Quali sono i piatti tipici romani?

Le preparazioni della cucina romana sono idealmente pietanze destinate a soddisfare le esigenze energetiche dell’uomo impegnato nel lavoro nei campi e per tale motivo prevedono piatti particolarmente nutritivi, somministrati in porzioni abbondanti.

Un caposaldo della cucina tipica romana sono i primi piatti. La cucina romana è conosciuta anche per essere una cucina cosiddetta “povera”. Della cucina tradizionale è famoso l’utilizzo nelle preparazioni del cosiddetto “quinto quarto”. Il nome collettivo quinto quarto raggruppa tutto ciò che dell’animale non fa parte dei quattro tagli “nobili” (anteriori e posteriori), ossia frattaglie e interiora, zampette e ogni scarto che sia commestibile dalla punta del muso alla coda. 

Quali sono i piatti della tradizione romana?

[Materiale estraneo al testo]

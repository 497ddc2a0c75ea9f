-- ===== src/Kube/Turns.antt =====
-- How many turns a program needs beside another one.
use netmaker_k8s_ops.Base.{ℕ, zero, suc, ◌≤◌, ◌≡◌, refl, Option, none, some, List, [], ◌∷◌, arith}
use netmaker_k8s_ops.Kube.Client.{GoError, Prog, ret, panic, ask, Client}
use netmaker_k8s_ops.Kube.Reports.{Reports, Ended, Branch, failure}
use netmaker_k8s_ops.Kube.Within.{Within}
use netmaker_k8s_ops.Kube.Beside.{Turn, mine, theirs, race, advance}

abbrev pub own_turns : List Turn → ℕ
own_turns [] = 0
own_turns (mine ∷ turns) = suc (own_turns turns)
own_turns (theirs ∷ turns) = own_turns turns

module _ (C : Client) {A B : Type 0} where
  race-ret :
      (turns : List Turn) (a : A) (h : Prog B) (s : C.State) → (race C turns (ret a) h s).0 ≡ ret a
  race-ret [] a h s = refl
  race-ret (mine ∷ turns) a h s = race-ret turns a h s
  race-ret (theirs ∷ turns) a h s = race-ret turns a (advance C h s).0 (advance C h s).1

  abbrev Ends : List Turn → Prog A → Prog B → C.State → Type 0
  Ends turns m h s = (a : A) × ((race C turns m h s).0 ≡ ret a)

  -- With as many turns as the program makes calls it returns.
  pub race-Within :
      (turns : List Turn) (n : ℕ) (m : Prog A) (h : Prog B) (s : C.State)
      → Within n m
      → n ≤ own_turns turns
      → Ends turns m h s
  race-Within turns n (ret a) h s p enough = (a, race-ret turns a h s)
  race-Within turns n (panic m) h s p enough = absurd p
  race-Within turns zero (ask c k) h s p enough = absurd p
  race-Within [] (suc n) (ask c k) h s p enough = absurd (omega arith)
  race-Within (mine ∷ turns) (suc n) (ask c k) h s p enough =
      race-Within turns n (k (C.serve c s).0) h (C.serve c s).1 (p _) (omega arith)
  race-Within (theirs ∷ turns) (suc n) (ask c k) h s p enough =
      race-Within turns (suc n) (ask c k) (advance C h s).0 (advance C h s).1 p enough

module _ {A : Type 0} (Fine : A → Type 0) (Fails : GoError → A → Type 0) where
  Ended-Within : (n : ℕ) (e : GoError) (m : Prog A) → Ended Fine Fails e m → Within n m
  Ended-Within n e (ret a) p = tt
  Ended-Within n e (panic m) p = absurd p
  Ended-Within n e (ask c k) p = absurd p

  branch-Within :
      (n : ℕ) (o : Option GoError) (m : Prog A)
      → (Reports Fine Fails n m → Within n m)
      → Branch o (Reports Fine Fails n m) (λ e. Ended Fine Fails e m)
      → Within n m
  branch-Within n none m f p = f p
  branch-Within n (some e) m f p = Ended-Within n e m p

  pub Reports-Within : (n : ℕ) (m : Prog A) → Reports Fine Fails n m → Within n m
  Reports-Within n (ret a) p = tt
  Reports-Within n (panic m) p = absurd p
  Reports-Within zero (ask c k) p = absurd p
  Reports-Within (suc n) (ask c k) p =
      λ r. branch-Within n (failure c r) (k r) (Reports-Within n (k r)) (p r)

I piatti tipici romani sono moltissimi e alcuni sono un vero simbolo della cucina italiana nel mondo. Ecco i più famosi e consumati piatti della tradizione romana:

  • Pasta alla carbonara: si tratta di una ricetta nata nel secondo dopoguerra, in parte americana, in parte napoletana, in parte abruzzese.  la vera carbonara si prepara con il guanciale, tagliato a listarelle e fatto cuocere finché non diventa leggermente croccante. Tra gli altri ingredienti, troviamo i tuorli d’uovo, un uovo intero, il pecorino grattugiato, meglio se romano DOP, sale e pepe. Non va usato né aglio né cipolla. Per evitare quello che viene chiamato “effetto frittata” bisogna evitare che l’uovo venga aggiunto alla pentola finché è sul fuoco. La pasta dovrebbe essere lunga ma è accettata anche quella corta (rigatoni o mezze maniche);
  • Pasta alla amatriciana: dal 6 marzo 2020 è ufficialmente riconosciuta come Specialità tradizionale garantita dell’Unione europea. L’amatriciana è una di quelle ricette capaci di suscitare grandi emozioni. Nella ricetta dell’amatriciana tradizionale, il sugo è composto da guanciale soffritto e sfumato con vino bianco secco, pomodoro San Marzano o, in alternativa, pomodoro pelato di qualità, formaggio pecorino, olio extravergine di oliva, peperoncino fresco o essiccato, sale e pepe. Nella ricetta originale dell’amatriciana non c’è la cipolla né tantomeno meno l’aglio;
  • Carciofi alla Giudìa: questa preparazione ha origine nelle antiche osterie romane, in particolare nella zona del ghetto ebraico. Alla base di questa ricetta c’è una frittura croccante dei carciofi, che li trasforma in vere e proprie chips;
  • Supplì alla romana: conosciuto anche come supplì “al telefono”. Queste palline di riso impanate e fritte nella loro ricetta originale sono talmente ripiene di mozzarella che, una volta aperte, formeranno un lungo filo: come quello del telefono;
  • Abbacchio alla romana: piatto che viene preparato durante le festività pasquali. L’abbacchio alla romana è una ricetta tipica a base di un agnello giovane che si nutre ancora di latte;
  • Coda alla vaccinara: piatto della tradizione culinaria romana più povera. Alla base di questo piatto c’è la coda di bue, che richiede tempi di cottura molto lunghi e il fuoco basso. Spesso viene cotto con il trito di verdure e i pomodori pelati.